Methotrexate and Colchicine have not demonstrated a benefit in altering the natural history of PBC in most studies, but as they are generally safe, they are continued to be added to UDCA in patients not responding to
UDCA alone. The prognosis of PBC has improved because of early diagnosis and use of UDCA.
Liver transplantation remains the only effective treatment option for patients with advanced liver disease due to PBC. PBC may recur in the allograft following liver transplantation.
Primary sclerosing cholangitis is strongly associated with IBD, mostly UC and the disease should be considered in patients who had otherwise unexplained abnormal liver biochemical tests, particularly an
elevation in serum ALP.
The diagnosis of PSC is established by the demonstration of characteristic multifocal stricturing and dilation of intrahepatic and/or extrahepatic bile ducts on cholangiography and exclusion of other disorders that can produce a similar radiologic picture.
CCA is the most feared complication of PSC which is currently the leading cause of death in 7 to 15% of patients with a mean survival 5-7 months.
Routine screening for CCA in patients with PSC is not recommended as no benefits in patient outcomes have been demonstrated in different studies.
Patients with PSC and IBD have an increased risk of colon cancer, and should be enrolled in colonoscopic surveillance programs.
There is still no evidence supporting a specific medical therapy capable of halting disease progression in PSC.Furthermore, a 2010 guideline issued by the AASLD recommends against use of UDCA at any dose. Thus, a role for any medical therapy is unproven.
At present, the management of PSC remains focused on treating the symptoms and complications that are associated with disease progression as well as on close surveillance of those patients with advanced liver disease.
Liver transplantation is currently the only definitive form of therapy for patients with end-stage liver disease due to PSC. However disease recurrence can be a source of morbidity and mortality as transplanted patients survive longer.

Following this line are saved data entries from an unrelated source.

-- ===== src/Components/Partition.antt =====
-- The transactions of a node: none twice, and all of the block.
use icsa_artifact.Base.{
  ℕ, zero, suc, ◌+◌, ◌*◌, ◌<◌, ◌≤◌, ◌≡◌, refl, ◌∙◌, subst, true, false, ◌==◌, arith, Bool-cases,
  inl, inr, List, [], ◌∷◌, ◌++◌, length, ℕ_discrete,
}
use icsa_artifact.Dag.{Matrix}
use icsa_artifact.Scheduler.{is_in}
use icsa_artifact.Scheduler.Ids.{DistinctBelow}
use icsa_artifact.Scheduler.Share.{own_ids, FreshIds}
use icsa_artifact.Components.{
  find_root, add_to, number_components, group_all, enough, joined, connected_components,
}
use icsa_artifact.Components.Groups.{Groups, members, has_key, DistinctKeys, Sorted, add_to-Sorted}
use icsa_artifact.Components.Roots.{Root, Root-unique, Ranked, find-Found}
use icsa_artifact.Components.Loops.{joined-Ranked}
use icsa_artifact.Components.Closed.{
  set_followers, is_in-append, grouped, root_of, tail_members, root_of-Root,
}

DistinctBelow-append :
    (n : ℕ) (xs ys : List ℕ)
    → DistinctBelow n xs
    → DistinctBelow n ys
    → ((x : ℕ) → is_in xs x ≡ true → is_in ys x ≡ false)
    → DistinctBelow n (xs ++ ys)
unfolding is_in
DistinctBelow-append n [] ys d e apart = e
DistinctBelow-append n (x ∷ xs) ys (below, fresh, d) e apart = (
  below,
  is_in-append xs ys x ∙ ground (arith, fresh, apart x),
  DistinctBelow-append n xs ys d e (λ z h. ground (arith, apart z)),
)

-- Every group lists different numbers below `n`.
abbrev EachDistinct : ℕ → Groups → Type 0
EachDistinct n [] = Unit
EachDistinct n ((k, xs) ∷ groups) = DistinctBelow n xs × EachDistinct n groups

add_to-EachDistinct :
    (n root i : ℕ) (groups : Groups)
    → i < n
    → is_in (members groups root) i ≡ false
    → EachDistinct n groups
    → EachDistinct n (add_to root i groups)
unfolding add_to is_in
add_to-EachDistinct n root i [] below fresh e = ((below, refl, tt), tt)
add_to-EachDistinct n root i ((k, xs) ∷ groups) below fresh (d, e) = elim (Bool-cases (k == root)) [
  | inl same ↦
      let not_there : is_in xs i ≡ false = ground (arith, fresh, same) in
      rw same (
        DistinctBelow-append n xs (i ∷ []) d (below, refl, tt)
            (λ x h. elim (ℕ_discrete i x) [
              | yes e' ↦ absurd (ground (arith, subst (λ z. is_in xs z ≡ false) e' not_there))
              | no ne ↦ ground arith
            ]),
        e,
      )
  | inr other ↦
      rw other (d, add_to-EachDistinct n root i groups below (ground (arith, fresh, other)) e)
]

FreshIds-number :
    (follower : ℕ → ℕ) (processed : List ℕ) (comp_id : ℕ) (groups : Groups)
    → ((x : ℕ) → comp_id ≤ x → is_in processed x ≡ false)
    → FreshIds processed (set_followers follower (number_components comp_id groups))
unfolding number_components is_in
FreshIds-number follower processed comp_id [] above = tt
FreshIds-number follower processed comp_id ((k, xs) ∷ groups) above = (
  above comp_id (omega arith),
  FreshIds-number follower (comp_id ∷ processed) (comp_id + 1) groups
      (λ x h. ground (arith, above x)),
)

module _ (n : ℕ) (root : ℕ → ℕ) (node_id : ℕ) (follower : ℕ → ℕ) where
  abbrev Rooted : Groups → Type 0
  Rooted groups = (key x : ℕ) → is_in (members groups key) x ≡ true → root x ≡ key

  tail_Rooted :
      (k : ℕ) (xs : List ℕ) (groups : Groups)
      → has_key groups k ≡ false
      → Rooted ((k, xs) ∷ groups)
      → Rooted groups
  unfolding is_in
  tail_Rooted k xs groups fresh r key x h =
      ground (arith, r key x, tail_members k xs groups fresh key x)

  head_Rooted :
      (k : ℕ) (xs : List ℕ) (groups : Groups) (x : ℕ)
      → Rooted ((k, xs) ∷ groups)
      → is_in xs x ≡ true
      → root x ≡ k
  head_Rooted k xs groups x r h =
      let test : (k == k) ≡ true = ground arith in ground (arith, r k x, test)

  own_has_key :
      (comp_id : ℕ) (groups : Groups) (x : ℕ)
      → DistinctKeys groups
      → Rooted groups
      → is_in (own_ids node_id (set_followers follower (number_components comp_id groups))) x ≡ true
      → has_key groups (root x) ≡ true
  unfolding number_components is_in
  own_has_key comp_id [] x d r h = h
  own_has_key comp_id ((k, xs) ∷ groups) x (fresh, d) r h = ground (
    arith,
    is_in-append xs
        (own_ids node_id (set_followers follower (number_components (comp_id + 1) groups))) x,
    head_Rooted k xs groups x r,
    own_has_key (comp_id + 1) groups x d (tail_Rooted k xs groups fresh r),
  )

  own-DistinctBelow :
      (comp_id : ℕ) (groups : Groups)
      → DistinctKeys groups
      → EachDistinct n groups
      → Rooted groups
      → DistinctBelow n
          (own_ids node_id (set_followers follower (number_components comp_id groups)))
  unfolding number_components
  own-DistinctBelow comp_id [] d e r = tt
  own-DistinctBelow comp_id ((k, xs) ∷ groups) (fresh, d) (here, e) r =
      let later = tail_Rooted k xs groups fresh r in
      let rest = own-DistinctBelow (comp_id + 1) groups d e later in
      elim (Bool-cases (node_id == follower comp_id)) [
        | inr other ↦ rw other rest
        | inl own ↦ rw own (
            DistinctBelow-append n xs _ here rest λ x h. ground (
              arith,
              head_Rooted k xs groups x r,
              own_has_key (comp_id + 1) groups x d later,
              fresh,
            ))
      ]

group_all-EachDistinct :
    (n fuel i left b : ℕ) {p rank : ℕ → ℕ} (root : ℕ → ℕ) (groups : Groups)
    → Ranked p rank b
    → b < fuel
    → i + left ≤ n
    → ((x : ℕ) → Root p (root x) x)
    → Sorted root i groups
    → EachDistinct n groups
    → EachDistinct n (group_all fuel i left p groups)
unfolding group_all
group_all-EachDistinct n fuel i zero b root groups k h le roots s e = e
group_all-EachDistinct n fuel i (suc left) b {p} root groups k h le roots s e =
    let f = find-Found fuel i k (omega arith) in
    let r = (find_root fuel i p).0 in
    let found : r ≡ root i = Root-unique f.root (roots i) in
    group_all-EachDistinct n fuel (i + 1) left b root (add_to r i groups) f.ranked h (omega arith)
      (λ x. f.keeps (roots x)) (add_to-Sorted root r i groups found s)
      (add_to-EachDistinct n r i groups (omega arith) (ground (arith, s.member r i)) e)

module _ (m : Matrix) (node_id : ℕ) (follower : ℕ → ℕ) where
  pub components-FreshIds : FreshIds [] (set_followers follower (connected_components m))
  unfolding connected_components is_in
  components-FreshIds = FreshIds-number follower [] 0 _ (λ x h. refl)

  each-DistinctBelow :
      EachDistinct (length m) (group_all (enough m) 0 (length m) (joined m).parent [])
  unfolding is_in
  each-DistinctBelow =
      group_all-EachDistinct (length m) (enough m) 0 (length m) (length m * length m) (root_of m) []
        (joined-Ranked m) (omega arith) (omega arith) (root_of-Root m)
        (record { member = λ key x. ground arith; distinct = tt }) tt

  pub components-DistinctBelow :
      DistinctBelow (length m) (own_ids node_id (set_followers follower (connected_components m)))
  unfolding connected_components
  components-DistinctBelow =
      own-DistinctBelow (length m) (root_of m) node_id follower 0 _ (grouped m).distinct
        each-DistinctBelow (λ key x h. ground (arith, (grouped m).member key x))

Autoimmune pancreatitis is a rare disease of presumed autoimmune etiology. As T-regseem to take important roles in progression as well as induction of the disease, further studies are necessary to clarify the pathogenesis including genetic background , disease specific antigens, and the role of IgG4.

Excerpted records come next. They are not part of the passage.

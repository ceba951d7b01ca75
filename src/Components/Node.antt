-- ===== src/Components/Node.antt =====
-- From the leader's matrix to the threads of a node: `create`, `connectedComponents`,
-- `extractBlock`, `ExtractComponents`, `executeTxns`.
use icsa_artifact.Base.{ℕ, ◌<◌, ◌≡◌, inl, Option, some, List, [], arith, length, get_or, subst}
use icsa_artifact.Base.Int.{pos, negsuc}
use icsa_artifact.Text.{Text}
use icsa_artifact.Dag.{DagModule, create}
use icsa_artifact.Dag.Conflict.{Conflict}
use icsa_artifact.Dag.Create.{AllListed, txn_at, create_matrix}
use icsa_artifact.Dag.Follower.{length-create}
use icsa_artifact.Workers.{start}
use icsa_artifact.Workers.Block.{edges, block-IsDag, block_runs_apart}
use icsa_artifact.Takers.{Threads, processing, IsFresh}
use icsa_artifact.Takers
use icsa_artifact.Takers.Safe.{Reach-Image, processes}
use icsa_artifact.Scheduler.{Component, Scheduler, is_in, extract_block, extract_components}
use icsa_artifact.Scheduler.Ids.{DistinctBelow}
use icsa_artifact.Scheduler.Share.{own_ids}
use icsa_artifact.Scheduler.Start.{components_start}
use icsa_artifact.Components.{connected_components}
use icsa_artifact.Components.Closed.{set_followers, components_closed}
use icsa_artifact.Components.Partition.{components-FreshIds, components-DistinctBelow}

-- The table of the leader: the components of the block's matrix, with their followers.
abbrev pub leader_table :
    (Text → Option (List Text × List Text))
    → List ℕ
    → List Text
    → ℕ
    → DagModule
    → (ℕ → ℕ)
    → List Component
leader_table parse order headers threads dag follower =
    set_followers follower
      (connected_components (create parse order headers threads dag).adjacency_matrix)

module _ (parse : Text → Option (List Text × List Text)) (order : List ℕ) (headers : List Text)
    (threads : ℕ) (dag : DagModule) (no_txns : dag.current_transactions ≡ [])
    (no_matrix : dag.adjacency_matrix ≡ []) (some_thread : 0 < threads)
    (all : AllListed threads order) (follower : ℕ → ℕ) (node_id : ℕ) where
  abbrev own : List ℕ
  own = own_ids node_id (leader_table parse order headers threads dag follower)

  -- An edge of the node's matrix is one of the leader's, whose ends are in one component.
  pub own-closed :
      (order' : List ℕ) (threads' : ℕ) (dag' : DagModule)
      → dag'.current_transactions ≡ []
      → dag'.adjacency_matrix ≡ []
      → 0 < threads'
      → AllListed threads' order'
      → (p i : ℕ) → edges parse order' headers threads' dag' p i ≡ 1
      → is_in own p ≡ is_in own i
  own-closed order' threads' dag' no_txns' no_matrix' some_thread' all' p i edge =
      let c =
        (create_matrix parse order' headers threads' dag' no_txns' no_matrix' some_thread' all' p
            i).1.0
          edge in
      let e =
        (create_matrix parse order headers threads dag no_txns no_matrix some_thread all p i).1.1
          c in
      components_closed (create parse order headers threads dag).adjacency_matrix follower node_id p
        i c.0 (omega (arith, c.1, length-create parse order headers threads dag no_matrix))
        (inl (omega (arith, e)))

-- A leader fills the matrix of a block, makes components of it, and assigns followers to them in any
-- way; a node that has processed no component takes the block and the table. The modules of both have
-- no matrix before. Then the in-degrees and the count of completed transactions of the node are those
-- from which the model of its threads sets out (`start`).
pub node_starts :
    (parse : Text → Option (List Text × List Text)) (headers : List Text) (order : List ℕ)
    (threads : ℕ) (dag : DagModule)
    → dag.adjacency_matrix ≡ []
    → (follower : ℕ → ℕ) (node_id : ℕ) (order' : List ℕ) (s : Scheduler)
    → s.dag.adjacency_matrix ≡ []
    → s.processed_components ≡ []
    → let n = length headers in
      let table = leader_table parse order headers threads dag follower in
      let s' =
        extract_components (some table) node_id (extract_block parse order' (some headers) s) in
      let first =
        start n (edges parse order' headers s.thread_count s.dag) (is_in (own_ids node_id table)) in
      ((i : ℕ) → i < n → get_or s'.dag.in_degree i (negsuc 0) ≡ first.in_degree i)
      × (s'.dag.completed_txns ≡ pos first.completed)
node_starts parse headers order threads dag no_matrix follower node_id order' s no_matrix'
      none_yet =
    components_start parse order' headers (leader_table parse order headers threads dag follower)
      node_id s no_matrix'
      (rw none_yet (
        components-FreshIds (create parse order headers threads dag).adjacency_matrix node_id
          follower))
      (subst
        (λ k.
          DistinctBelow k (own_ids node_id (leader_table parse order headers threads dag follower)))
        (length-create parse order headers threads dag no_matrix)
        (components-DistinctBelow (create parse order headers threads dag).adjacency_matrix node_id
          follower))

-- A leader fills the matrix of a block, makes components of it, and assigns followers to them in any
-- way; a node fills the matrix of the same block. Both start from a clean module, have one thread at
-- least, and let every thread of theirs do its rows, in any order. Any number of threads of the node
-- then execute its share of the block. In every state that they reach by a run in which each
-- successful exchange of the second loop of `selectTxn` has 0 in `var_zero`, two transactions that
-- threads are processing do not conflict.
pub node_runs_apart :
    (parse : Text → Option (List Text × List Text)) (headers : List Text) (order : List ℕ)
    (threads : ℕ) (dag : DagModule)
    → dag.current_transactions ≡ []
    → dag.adjacency_matrix ≡ []
    → 0 < threads
    → AllListed threads order
    → (follower : ℕ → ℕ) (node_id : ℕ) (order' : List ℕ) (threads' : ℕ) (dag' : DagModule)
    → dag'.current_transactions ≡ []
    → dag'.adjacency_matrix ≡ []
    → 0 < threads'
    → AllListed threads' order'
    → {last_txn : ℕ} {s : Threads}
    → let adj = edges parse order' headers threads' dag' in
      let assigned =
        is_in (own_ids node_id (leader_table parse order headers threads dag follower)) in
      (r : Takers.Reach (length headers) adj assigned last_txn s)
      → IsFresh (length headers) adj r
      → (t u p i : ℕ) → p < i
      → i < length headers
      → s.place t ≡ processing p
      → s.place u ≡ processing i
      → ¬ Conflict (txn_at parse headers p) (txn_at parse headers i)
node_runs_apart parse headers order threads dag no_txns no_matrix some_thread all follower node_id
      order' threads' dag' no_txns' no_matrix' some_thread' all' r fresh t u p i lt inside at_p
      at_i =
    let closed =
      own-closed parse order headers threads dag no_txns no_matrix some_thread all follower node_id
        order' threads' dag' no_txns' no_matrix' some_thread' all' in
    let is_dag =
      block-IsDag parse order' headers threads' dag' no_txns' no_matrix' some_thread' all' _
        closed in
    let n = length headers in
    block_runs_apart parse order' headers threads' dag' no_txns' no_matrix' some_thread' all' _
      closed (Reach-Image n _ _ is_dag r fresh).reach p i lt inside
      (processes n _ _ is_dag r fresh t p at_p) (processes n _ _ is_dag r fresh u i at_i)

AIP should be considered in the differential diagnosis of patients presenting with varied pancreatic and hepatobiliary manifestations.
AIP mimics pancreatic cancer and it is critically important to distinguish between the two diseases.
A pancreatic biopsy is required to establish the diagnosis, although it is also supported by elevated serum levels of IgG4, characteristic radiologic findings and response to corticosteroids.
The diagnostic criteria proposed by the Mayo Clinic (the ”HISORT” criteria) are most commonly used in USA to establish the diagnosis of AIP.
There is often a dramatic response to steroids although there are regional practice variations.
Relapses are quiet common and may need a prolonged course of steroids.